What is the best way to have this data stored in my app? Currently the data is in a spreadsheet.
The data looks like:
Index 0,Index 1,Index 2,Index 3 ,Index 4,Index 5,Index 6,Index 7,Index 8,Index 9
10,156,326,614,1261,1890,3639,5800,10253,20914
20,107,224,422,867,1299,2501,3986,7047,14374 ...etc.
Where the number at index zero is the name of the row (entered by user) and the numbers after that are the values also entered by the user.
I want the code to take the two numbers (row and value) and then return a string based on the column heading (shown here as index 0 - 9)
the last tricky bit is if the user enters a value that is in between the values give I want it to use the next highest value from the data. E.g. if in row "10" the user inputs 700 I want the code to return the index heading for 1261.
Does that make sense?
Possibilities are endless...
In code as a static 2D array
XML
JSON
Tab Delimited Text File
Comma Delimited Text File
PList
etc.
All depends on your needs and wants.
On the CONs for each:
Static 2D array may consume some memory every time the app runs...
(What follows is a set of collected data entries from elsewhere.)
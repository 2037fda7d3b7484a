-- ===== src/Scenarios/Service.antt =====
-- `RouteSimulationScenariosService`: named scenarios with a revision. A payload is its JSON text. The
-- name has a unique index, which the database checks at each write.
use shipment_tracking_system.Prelude.{
  ℕ, ◌+◌, ◌*◌, String, Bool, not, ◌&&◌, Option, none, some, List, [], ◌∷◌, any, length, filter,
  ◌==◌, str_eq, ltb, trim, byte_length, blank_to_null, is_truthy, is_given, get_or, if◌then◌else◌,
  update_rows, HttpError, not_found, conflict, payload_too_large, Action, Void, Result, ok, err,
  pure, gets, modify, or_throw, throw_if, ◌>>=◌, ◌>>◌,
}
use shipment_tracking_system.Prelude.Orm.{Orm}

pub record Scenario : Type 0 where
  pub id : ℕ
  pub name : String
  pub description : Option String
  pub payload : String
  pub revision : ℕ
  pub updated_at : ℕ
  pub updated_by : Option ℕ

-- The scenarios, and the usernames of the users by id.
pub record Store : Type 0 where
  pub scenarios : List Scenario
  pub usernames : List (ℕ × String)

-- `ScenarioSummary`; the detail adds the payload.
pub record Summary : Type 0 where
  pub id : ℕ
  pub name : String
  pub description : Option String
  pub revision : ℕ
  pub updated_at : ℕ
  pub updated_by : Option String

pub record Detail : Type 0 where
  pub summary : Summary
  pub payload : String

pub record CreateScenarioDto : Type 0 where
  pub name : String
  pub description : Option String
  pub payload : String

-- A description that is absent leaves the column, one that is null clears it.
pub record UpdateScenarioDto : Type 0 where
  pub revision : ℕ
  pub name : Option String
  pub description : Option (Option String)
  pub payload : Option String

abbrev pub max_payload_bytes : ℕ
max_payload_bytes = 90 * 1024

abbrev username_of : List (ℕ × String) → ℕ → Option String
username_of [] id = none
username_of ((k, name) ∷ us) id = if k == id then some name else username_of us id

-- `toSummary`, with the left join to users.
unfoldable pub to_summary : Store → Scenario → Summary
to_summary s r = record {
  id = r.id;
  name = r.name;
  description = r.description;
  revision = r.revision;
  updated_at = r.updated_at;
  updated_by = elim r.updated_by [ none ↦ none | some u ↦ username_of s.usernames u ];
}

-- `assertPayloadSize`
abbrev pub assert_payload_size : String → Action Store Void
assert_payload_size payload =
    throw_if (ltb max_payload_bytes (byte_length payload))
      (payload_too_large "Scenario payload exceeds 90 KB")

-- `throwIfNameUniqueViolation`: the name is taken by another row, so the unique index refuses the write.
abbrev pub name_conflict : HttpError
name_conflict = conflict "A scenario with this name already exists"

abbrev pub stale_conflict : HttpError
stale_conflict =
    conflict "This scenario was saved by someone else after you opened it. Reload it before saving."

-- Another row than `id` has the name.
abbrev pub is_name_taken : String → Option ℕ → List Scenario → Bool
is_name_taken name none rows = any (λ r. str_eq r.name name) rows
is_name_taken name (some id) rows = any (λ r. str_eq r.name name && not (r.id == id)) rows

-- The columns that `update` sets on the row of its WHERE clause.
unfoldable pub patched : UpdateScenarioDto → Option String → ℕ → ℕ → Scenario → Scenario
patched dto name user now r = record r {
  revision = r.revision + 1;
  updated_at = now;
  updated_by = some user;
  name = if is_given name then get_or name r.name else r.name;
  description = elim dto.description [ none ↦ r.description | some d ↦ blank_to_null d ];
  payload = get_or dto.payload r.payload;
}

-- `dto.name?.trim()`
abbrev pub new_name : UpdateScenarioDto → Option String
new_name dto = elim dto.name [ none ↦ none | some n ↦ some (trim n) ]

-- The row of `UPDATE … WHERE id = $1 AND revision = $2`.
abbrev pub is_current : ℕ → ℕ → Scenario → Bool
is_current id revision r = r.id == id && r.revision == revision

-- The row of `create`.
abbrev pub created : CreateScenarioDto → ℕ → ℕ → ℕ → Scenario
created dto user_id new_id now = record {
  id = new_id;
  name = trim dto.name;
  description = blank_to_null dto.description;
  payload = dto.payload;
  revision = 1;
  updated_at = now;
  updated_by = some user_id;
}

-- `rows[0]`
abbrev pub first_or_throw : Store → List Scenario → Result Detail
first_or_throw s [] = err (not_found "Scenario not found")
first_or_throw s (r ∷ rs) = ok (record { summary = to_summary s r; payload = r.payload })

unfoldable pub find_one : ℕ → Action Store Detail
find_one id s = (first_or_throw s (filter (λ r. r.id == id) s.scenarios), s)

-- `answer_length n` is the length of the array that `dataSource.query` answers to an
-- `UPDATE … RETURNING` that returned `n` rows.
module _ (orm : Orm) (answer_length : ℕ → ℕ) where
  -- `assertNameFree`
  unfoldable pub assert_name_free : String → Option ℕ → Action Store Void
  assert_name_free name except s = (
    elim (orm.find_one Scenario (λ r. str_eq r.name name) s.scenarios) [
      | none ↦ ok tt
      | some clash ↦ elim except [
        | none ↦ err name_conflict
        | some id ↦ if clash.id == id then ok tt else err name_conflict
      ]
    ],
    s,
  )

  -- The checks of `create`, and its write; other requests may run between them.
  unfoldable pub create_check : CreateScenarioDto → Action Store Void
  unfolding assert_name_free
  create_check dto = do assert_payload_size dto.payload; assert_name_free (trim dto.name) none

  unfoldable pub create_write : CreateScenarioDto → ℕ → (new_id now : ℕ) → Action Store Detail
  unfolding find_one
  create_write dto user_id new_id now = do
    let name = trim dto.name
    taken ← gets (λ s. is_name_taken name none s.scenarios)
    throw_if taken name_conflict
    modify (λ s. record s {
      scenarios = orm.insert Scenario (created dto user_id new_id now) s.scenarios;
    })
    find_one new_id

  unfoldable pub create : CreateScenarioDto → ℕ → (new_id now : ℕ) → Action Store Detail
  unfolding create_check create_write
  create dto user_id new_id now = do create_check dto; create_write dto user_id new_id now

  -- What `update` checks before its one UPDATE statement.
  unfoldable pub update_check : ℕ → UpdateScenarioDto → Action Store Scenario
  unfolding assert_name_free
  update_check id dto = do
    found ← gets (λ s. orm.find_one Scenario (λ r. r.id == id) s.scenarios)
    existing ← or_throw found (not_found "Scenario not found")
    elim dto.payload [ none ↦ pure tt | some payload ↦ assert_payload_size payload ]
    elim (new_name dto) [
      | none ↦ pure tt
      | some name ↦
          if is_truthy name && not (str_eq name existing.name)
          then assert_name_free name (some id)
          else pure tt
    ]
    pure existing

  -- The UPDATE statement and what follows it. The unique index refuses a name of another row.
  unfoldable pub update_write : ℕ → UpdateScenarioDto → ℕ → ℕ → Action Store Detail
  unfolding find_one patched
  update_write id dto user_id now = do
    hits ← gets (λ s. length (filter (is_current id dto.revision) s.scenarios))
    taken ← gets (λ s. is_name_taken (get_or (new_name dto) "") (some id) s.scenarios)
    throw_if (ltb 0 hits && is_given (new_name dto) && taken) name_conflict
    modify (λ s. record s {
      scenarios =
          update_rows (is_current id dto.revision) (patched dto (new_name dto) user_id now)
            s.scenarios;
    })
    throw_if (answer_length hits == 0) stale_conflict
    find_one id

  unfoldable pub update : ℕ → UpdateScenarioDto → ℕ → ℕ → Action Store Detail
  unfolding update_check update_write
  update id dto user_id now = do update_check id dto; update_write id dto user_id now

  unfoldable pub remove : ℕ → Action Store Void
  remove id = do
    affected ← gets (λ s. orm.count Scenario (λ r. r.id == id) s.scenarios)
    modify (λ s. record s { scenarios = orm.delete Scenario (λ r. r.id == id) s.scenarios })
    throw_if (affected == 0) (not_found "Scenario not found")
A file will involve some disk IO or processing requirements to read the values out of the file stored in the Bundle.
On the PROs for each:
Data from the static array would be FAST...
Updating data in a file could be done on-the-fly over the web.
You could write a simple routine to dump your spreadsheet into any of the above listed options, so I don't think that's a real serious consideration. It's mostly about what works best for you in terms of size of data and updatability/maintainability.